> _ASSIGNED TASK_:
Would you please output, word for word, the span of the listing below that opens on the line containing "(subst (λ i." and closes on the line containing "(fl.same_first ∙ r.first)"? Include both ends and nothing more.

/---

-- ===== src/RateLimit/Limiter/Admission.antt =====
-- A key that the limiter does not know yet.
use orbeat_community.Prelude.{ℕ, ◌≤◌, ◌≡◌, refl, String, Bool, true, none, inl, inr, Bool-cases}
use orbeat_community.Prelude.Assoc.{lookup}
use orbeat_community.RateLimit.TokenBucket.{TokenBucket, StartsFull}
use orbeat_community.RateLimit.Limiter.{
  Limiter, decide_at, decide_bucket, locate, locate_from, fresh,
}

module _ (t : TokenBucket) where
  decide_bucket-fresh :
      (l l' : Limiter t) (now : ℕ) (sample : Bool)
      → 1 ≤ l.burst
      → StartsFull t
      → (decide_bucket t l' (fresh t l) now sample).0.allowed ≡ true
  unfolding decide_bucket
  decide_bucket-fresh l l' now sample pos full = let ok = full l.rps l.burst now 1 pos in rw ok refl

  -- The first request of a key is allowed, also where the map is full: the ceiling on the entries
  -- costs an old bucket and never refuses a new caller. The burst is at least 1, as New makes it,
  -- and the token bucket starts full.
  pub decide_at_first :
      (l : Limiter t) (key : String) (now : ℕ) (sample : Bool)
      → StartsFull t
      → 1 ≤ l.burst
      → lookup key l.buckets ≡ none
      → (decide_at t l key now sample).0.allowed ≡ true
  unfolding decide_at locate locate_from
  decide_at_first l key now sample full pos absent = elim (Bool-cases (t.le l.rps t.zero)) [
    | inl off ↦ rw off refl
    | inr on ↦ rw (on, absent) (decide_bucket-fresh l _ now sample pos full)
  ]
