-- ===== src/RateLimit/Limiter/Bounds.antt =====
-- How many buckets the limiter keeps, and which one it drops to make room.
use orbeat_community.Prelude.{
  ℕ, ◌≤◌, ◌<◌, String, ◌≡◌, ◌≢◌, refl, ◌∙◌, Bool, ◌||◌, Option, none, some, List, [], ◌∷◌, ◌==◌,
  eq_refl, arith, ltb, length, All, Bool-cases, inl, inr,
}
use orbeat_community.Prelude.Assoc.{
  Assoc, lookup, length-insert_le, length-insert_of_mem, length-erase-lt_of_mem, lookup-insert,
  All-lookup,
}
use orbeat_community.RateLimit.TokenBucket.{TokenBucket}
use orbeat_community.RateLimit.Limiter.{
  Bucket, Limiter, new, oldest_from, evict_if_full, locate_from, locate, fresh, len, decide_at,
  sweep_buckets, sweep, Call, decide, tick, call, run,
}

module _ (t : TokenBucket) where
  -- The loop ends at a key of the list, or at the key that it started from.
  oldest_from-mem :
      (m rest : Assoc (Bucket t)) (key : String) (oldest : ℕ)
      → All (λ p. lookup p.0 m ≢ none) rest
      → lookup key m ≢ none
      → lookup (oldest_from t rest key oldest) m ≢ none
  unfolding oldest_from
  oldest_from-mem m [] key oldest _ h = h
  oldest_from-mem m ((k, b) ∷ rest) key oldest (here, sub) h =
      elim (Bool-cases (key == "" || ltb b.last_used oldest)) [
        | inl e ↦ rw e (oldest_from-mem m rest k b.last_used sub here)
        | inr e ↦ rw e (oldest_from-mem m rest key oldest sub h)
      ]

  evicted-mem : (m : Assoc (Bucket t)) → 0 < length m → lookup (oldest_from t m "" 0) m ≢ none
  unfolding oldest_from
  evicted-mem [] h = absurd (omega arith)
  evicted-mem ((k, b) ∷ rest) h =
      let (here, sub) = All-lookup ((k, b) ∷ rest) in
      oldest_from-mem ((k, b) ∷ rest) rest k b.last_used sub here

  length-evict_if_full :
      (l : Limiter t)
      → 0 < l.max_entries
      → length l.buckets ≤ l.max_entries
      → length (evict_if_full t l).buckets < l.max_entries
  unfolding evict_if_full
  length-evict_if_full l pos h = ground (
    arith,
    length-erase-lt_of_mem (oldest_from t l.buckets "" 0) l.buckets,
    evicted-mem l.buckets,
  )

  max_entries-evict_if_full : (l : Limiter t) → (evict_if_full t l).max_entries ≡ l.max_entries
  unfolding evict_if_full
  max_entries-evict_if_full l = ground arith

  -- What `locate` leaves: the key is in the map, and the map within its bound.
  locate_from_bounds :
      (l : Limiter t) (key : String) (found : Option (Bucket t))
      → lookup key l.buckets ≡ found
      → 0 < l.max_entries
      → length l.buckets ≤ l.max_entries
      → (length (locate_from t l key found).1.buckets ≤ l.max_entries)
        × (lookup key (locate_from t l key found).1.buckets ≢ none)
  unfolding locate_from
  locate_from_bounds l key (some b) e pos h = (h, cc)
  locate_from_bounds l key none e pos h =
      let l' = evict_if_full t l in
      (
        omega (arith, length-insert_le key (fresh t l) l'.buckets, length-evict_if_full l pos h),
        rw (lookup-insert key key (fresh t l) l'.buckets, eq_refl key) (λ p. cc),
      )

  -- A decision keeps the map within its bound, also one for a key that was not there.
  length-decide_at :
      (l : Limiter t) (key : String) (now : ℕ) (sample : Bool)
      → 0 < l.max_entries
      → length l.buckets ≤ l.max_entries
      → length (decide_at t l key now sample).1.buckets ≤ l.max_entries
  unfolding decide_at locate
  length-decide_at l key now sample pos h =
      let (b, l') = locate t l key in
      let (fits, there) = locate_from_bounds l key (lookup key l.buckets) refl pos h in
      elim (Bool-cases (t.le l.rps t.zero)) [
        | inl off ↦ rw off h
        | inr on ↦ rw on (rw (length-insert_of_mem key _ l'.buckets there) fits)
      ]

  max_entries-decide_at :
      (l : Limiter t) (key : String) (now : ℕ) (sample : Bool)
      → (decide_at t l key now sample).1.max_entries ≡ l.max_entries
  unfolding decide_at locate locate_from
  max_entries-decide_at l key now sample = ground (arith, max_entries-evict_if_full l)

  length-sweep_buckets-le :
      (ttl now : ℕ) (m : Assoc (Bucket t)) → length (sweep_buckets t ttl now m) ≤ length m
  unfolding sweep_buckets
  length-sweep_buckets-le ttl now [] = omega arith
  length-sweep_buckets-le ttl now ((k, b) ∷ m) = ground (arith, length-sweep_buckets-le ttl now m)

  abbrev IsBounded : Limiter t → Type 0
  IsBounded l = (0 < l.max_entries) × (length l.buckets ≤ l.max_entries)

  call-IsBounded : (l : Limiter t) (c : Call t) → IsBounded l → IsBounded (call t l c)
  unfolding call
  call-IsBounded l (decide key now sample) (pos, h) = (
    rw (max_entries-decide_at l key now sample) pos,
    rw (max_entries-decide_at l key now sample) (length-decide_at l key now sample pos h),
  )
  call-IsBounded l (tick now) (pos, h) =
      unfold sweep in (pos, omega (arith, length-sweep_buckets-le l.ttl now l.buckets))

  run-IsBounded : (l : Limiter t) (cs : List (Call t)) → IsBounded l → IsBounded (run t l cs)
  unfolding run
  run-IsBounded l [] h = h
  run-IsBounded l (c ∷ cs) h = run-IsBounded (call t l c) cs (call-IsBounded l c h)

  max_entries-run : (l : Limiter t) (cs : List (Call t)) → (run t l cs).max_entries ≡ l.max_entries
  unfolding run call sweep
  max_entries-run l [] = refl
  max_entries-run l (decide key now sample ∷ cs) =
      max_entries-run (call t l (decide key now sample)) cs ∙ max_entries-decide_at l key now sample
  max_entries-run l (tick now ∷ cs) = max_entries-run (call t l (tick now)) cs

-- From a new limiter with a positive maxEntries, whatever the calls of AllowAt, AllowAtSampled and
-- sweep, at whatever times and for whatever keys, the limiter never holds more than maxEntries
-- buckets.
pub len-run-le :
    (t : TokenBucket) (rps : t.Float) (burst ttl max_entries : ℕ) (cs : List (Call t))
    → 0 < max_entries
    → len t (run t (new t rps burst ttl max_entries) cs) ≤ max_entries
len-run-le t rps burst ttl max_entries cs pos =
    let l = new t rps burst ttl max_entries in
    let start : IsBounded t l = unfold new in (pos, omega arith) in
    let kept : l.max_entries ≡ max_entries = unfold new in refl in
    omega (arith, (run-IsBounded t l cs start).1, max_entries-run t l cs)
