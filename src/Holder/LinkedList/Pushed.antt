-- ===== src/Holder/LinkedList/Pushed.antt =====
-- What `push_back`, `push_front` and `insert_between` of array_linked_list.rs do to the list of cells.
use persia.Base.{
  ℕ, ◌+◌, ◌-◌, ◌<◌, ◌≡◌, refl, sym, subst, ◌∙◌, ◌≢◌, inl, inr, Bool-cases, true, false, none, some,
  List, [], ◌∷◌, ◌++◌, arith, ◌==◌, ==_self, if◌then◌else◌, length, length-append, ok, tail_of,
  u32_size, u32_sub_lem,
}
use persia.Holder.LinkedList.{
  LinkedListNode, ArrayLinkedList, node, back_node, with_next, insert_free_element,
}
use persia.Holder.LinkedList.Insert.{push_back}
use persia.Holder.LinkedList.Chain.{
  Cells, slot, first_or, last_or, has, Seg, Seg-append, occupied, last_or-append,
}
use persia.Holder.LinkedList.Slots.{relink, slot-relink, length-relink, frame_free}
use persia.Holder.LinkedList.Links.{
  Live, set_next_of_prev-relink, vacant-relink_next, last-Live, frame_next, Distinct-append,
  relinked, not_relinked, last_nonzero,
}
use persia.Holder.LinkedList.Invariant.{Repr, next_slot, Filled, insert_free_element-Filled}

first_ne : (p f : ℕ) → p ≡ 0 → 0 < f → (p == f) ≡ false
first_ne p f e h = ground arith

flip_ne : (a b : ℕ) → (a == b) ≡ false → (b == a) ≡ false
flip_ne a b h = ground arith

-- The head of a list after an append, where the code tests for an empty list by an end's index.
first_after :
    {A : Type 0} (xs : Cells A) (f : ℕ) (v : A) (end first : ℕ)
    → end ≡ last_or 0 xs
    → first ≡ first_or 0 xs
    → ((c : ℕ × A) (ys : Cells A) → xs ≡ c ∷ ys → (last_or c.0 ys == 0) ≡ false)
    → (if end == 0 then f else first) ≡ first_or 0 (xs ++ (f, v) ∷ [])
first_after [] f v end first e k nz = rw e refl
first_after (c ∷ ys) f v end first e k nz = rw (e, nz c ys refl) k

module _ {A : Type 0} {l : ArrayLinkedList A} {n : LinkedListNode A} {free : List ℕ}
    {l' : ArrayLinkedList A} (fl : Filled l n free l') where
  -- Filling a free slot leaves the occupied ones alone.
  pub slot_kept :
      (p : ℕ) (m : LinkedListNode A)
      → slot l.elements p ≡ some m
      → m.item ≢ none
      → ((next_slot l free == p) ≡ false) × (slot l'.elements p ≡ some m)
  slot_kept p m e live = elim (Bool-cases (next_slot l free == p)) [
    | inl k ↦ absurd (live (fl.unused m (ground arith)))
    | inr k ↦ (k, fl.slots p ∙ ground arith)
  ]

  pub Live-Filled : (p : ℕ) → Live l.elements p → Live l'.elements p
  Live-Filled p (inl e) = inl e
  Live-Filled p (inr (m, e, live)) = inr (m, (slot_kept p m e live).1, live)

  pub fresh_slot :
      (xs : Cells A) (p q : ℕ) → Seg l.elements p xs q → has (next_slot l free) xs ≡ false
  fresh_slot xs p q s = elim (Bool-cases (has (next_slot l free) xs)) [
    | inl k ↦
        let (m, e, live) = occupied l.elements p xs q (next_slot l free) s k in
        absurd (live (fl.unused m e))
    | inr k ↦ k
  ]

  -- The same, for the slots of a segment.
  pub segment_kept :
      (p q : ℕ) (xs : Cells A) (j : ℕ) (m : LinkedListNode A)
      → Seg l.elements p xs q
      → has j xs ≡ true
      → slot l.elements j ≡ some m
      → ((next_slot l free == j) ≡ false) × (slot l'.elements j ≡ some m)
  segment_kept p q xs j m s h e =
      let (m', e', live) = occupied l.elements p xs q j s h in
      slot_kept j m e (λ k. live (ground arith))

  Live-ne : (p : ℕ) → Live l.elements p → (p == next_slot l free) ≡ false
  Live-ne p (inl e) = first_ne p (next_slot l free) e fl.positive
  Live-ne p (inr (m, e, live)) = flip_ne (next_slot l free) p (slot_kept p m e live).0

  apart_fresh :
      (v : A) (xs : Cells A) (j : ℕ)
      → has (next_slot l free) xs ≡ false
      → has j xs ≡ true
      → has j ((next_slot l free, v) ∷ []) ≡ false
  apart_fresh v xs j fresh h = ground arith

module _ {A : Type 0} (l l1 : ArrayLinkedList A) (v : A) (xs : Cells A) (free : List ℕ)
    (r : Repr l xs free) (fl : Filled l (back_node l.last_index v) free l1) where
  at_last : l1.last_index ≡ last_or 0 xs
  at_last = fl.same_last ∙ r.last

  back-Live : Live l1.elements l1.last_index
  back-Live =
      subst (Live l1.elements) (sym at_last)
        (Live-Filled fl (last_or 0 xs) (last-Live l.elements xs 0 r.chain))

  pushed_back : ArrayLinkedList A
  pushed_back = record l1 {
    count = l1.count + 1;
    first_index = if l1.last_index == 0 then next_slot l free else l1.first_index;
    last_index = next_slot l free;
    elements = relink l1.elements l1.last_index (with_next (next_slot l free));
  }

  back_slots :
      (j : ℕ) (n : LinkedListNode A)
      → has j xs ≡ true
      → slot l.elements j ≡ some n
      → slot (relink l1.elements l1.last_index (with_next (next_slot l free))) j
        ≡ some (if j == last_or 0 xs then with_next (next_slot l free) n else n)
  back_slots j n h e =
      let (_, kept) = segment_kept fl 0 0 xs j n r.chain h e in
      slot-relink l1.elements l1.last_index (with_next (next_slot l free)) j
      ∙ relinked (slot l1.elements j) (with_next (next_slot l free)) l1.last_index (last_or 0 xs) j
          n kept at_last

  back_new :
      slot (relink l1.elements l1.last_index (with_next (next_slot l free))) (next_slot l free)
      ≡ some (node (last_or 0 xs) 0 v)
  back_new =
      slot-relink l1.elements l1.last_index (with_next (next_slot l free)) (next_slot l free)
      ∙ not_relinked (slot l1.elements (next_slot l free)) (with_next (next_slot l free))
          l1.last_index (next_slot l free)
          (subst (λ i. (i == next_slot l free) ≡ false) (sym at_last)
            (Live-ne fl (last_or 0 xs) (last-Live l.elements xs 0 r.chain)))
      ∙ fl.slots (next_slot l free)
      ∙ rw (==_self, r.last) refl

  back_first :
      (if l1.last_index == 0 then next_slot l free else l1.first_index)
      ≡ first_or 0 (xs ++ (next_slot l free, v) ∷ [])
  back_first =
      first_after xs (next_slot l free) v l1.last_index l1.first_index at_last
        (fl.same_first ∙ r.first)
        (λ c ys e. last_nonzero l.elements c ys 0 (subst (λ zs. Seg l.elements 0 zs 0) e r.chain))

  pushed_back-Repr : Repr pushed_back (xs ++ (next_slot l free, v) ∷ []) (tail_of free)
  unfolding pushed_back
  pushed_back-Repr = record {
    first = back_first;
    last = sym (last_or-append 0 xs ((next_slot l free, v) ∷ []));
    counted =
        omega (arith, r.counted, fl.same_count, length-append xs ((next_slot l free, v) ∷ []));
    chain =
        Seg-append _ 0 xs ((next_slot l free, v) ∷ []) 0
          (frame_next l.elements _ 0 xs 0 (next_slot l free) r.distinct back_slots r.chain)
          (back_new, tt);
    distinct =
        Distinct-append xs ((next_slot l free, v) ∷ []) r.distinct (refl, tt)
          (λ j h. apart_fresh fl v xs j (fresh_slot fl xs 0 0 r.chain) h);
    free_first = fl.free_first;
    free_chain =
        frame_free l1.elements _ (tail_of free)
          (λ j h. vacant-relink_next l1.elements l1.last_index (next_slot l free) j back-Live)
          fl.free_chain;
    free_distinct = fl.free_distinct;
    small =
        omega
          (arith, fl.small, length-relink l1.elements l1.last_index (with_next (next_slot l free)));
  }

  push_back-pushed :
      insert_free_element l (back_node l.last_index v) ≡ ok (next_slot l free, l1)
      → push_back l v ≡ ok (next_slot l free - 1, pushed_back)
  unfolding push_back pushed_back
  push_back-pushed filled =
      rw
        (
          filled,
          set_next_of_prev-relink l1 l1.last_index (next_slot l free) back-Live,
          u32_sub_lem (next_slot l free) 1 fl.positive,
        )
        refl

module _ {A : Type 0} where
  -- On a list with the invariant and fewer than 2^32 - 1 slots, `push_back` returns the index of the slot that it fills and puts the value at the end.
  pub push_back-Repr :
      (l : ArrayLinkedList A) (v : A) (xs : Cells A) (free : List ℕ)
      → Repr l xs free
      → length l.elements + 1 < u32_size
      → (l' : ArrayLinkedList A) × (push_back l v ≡ ok (next_slot l free - 1, l'))
        × Repr l' (xs ++ (next_slot l free, v) ∷ []) (tail_of free)
  push_back-Repr l v xs free r room =
      let (l1, filled, fl) =
        insert_free_element-Filled l (back_node l.last_index v) xs free r room in
      (
        pushed_back l l1 v xs free r fl,
        push_back-pushed l l1 v xs free r fl filled,
        pushed_back-Repr l l1 v xs free r fl,
      )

\---

> _SOLUTION TO THIS PROBLEM_:
          (subst (λ i. (i == next_slot l free) ≡ false) (sym at_last)
            (Live-ne fl (last_or 0 xs) (last-Live l.elements xs 0 r.chain)))
      ∙ fl.slots (next_slot l free)
      ∙ rw (==_self, r.last) refl

  back_first :
      (if l1.last_index == 0 then next_slot l free else l1.first_index)
      ≡ first_or 0 (xs ++ (next_slot l free, v) ∷ [])
  back_first =
      first_after xs (next_slot l free) v l1.last_index l1.first_index at_last
        (fl.same_first ∙ r.first)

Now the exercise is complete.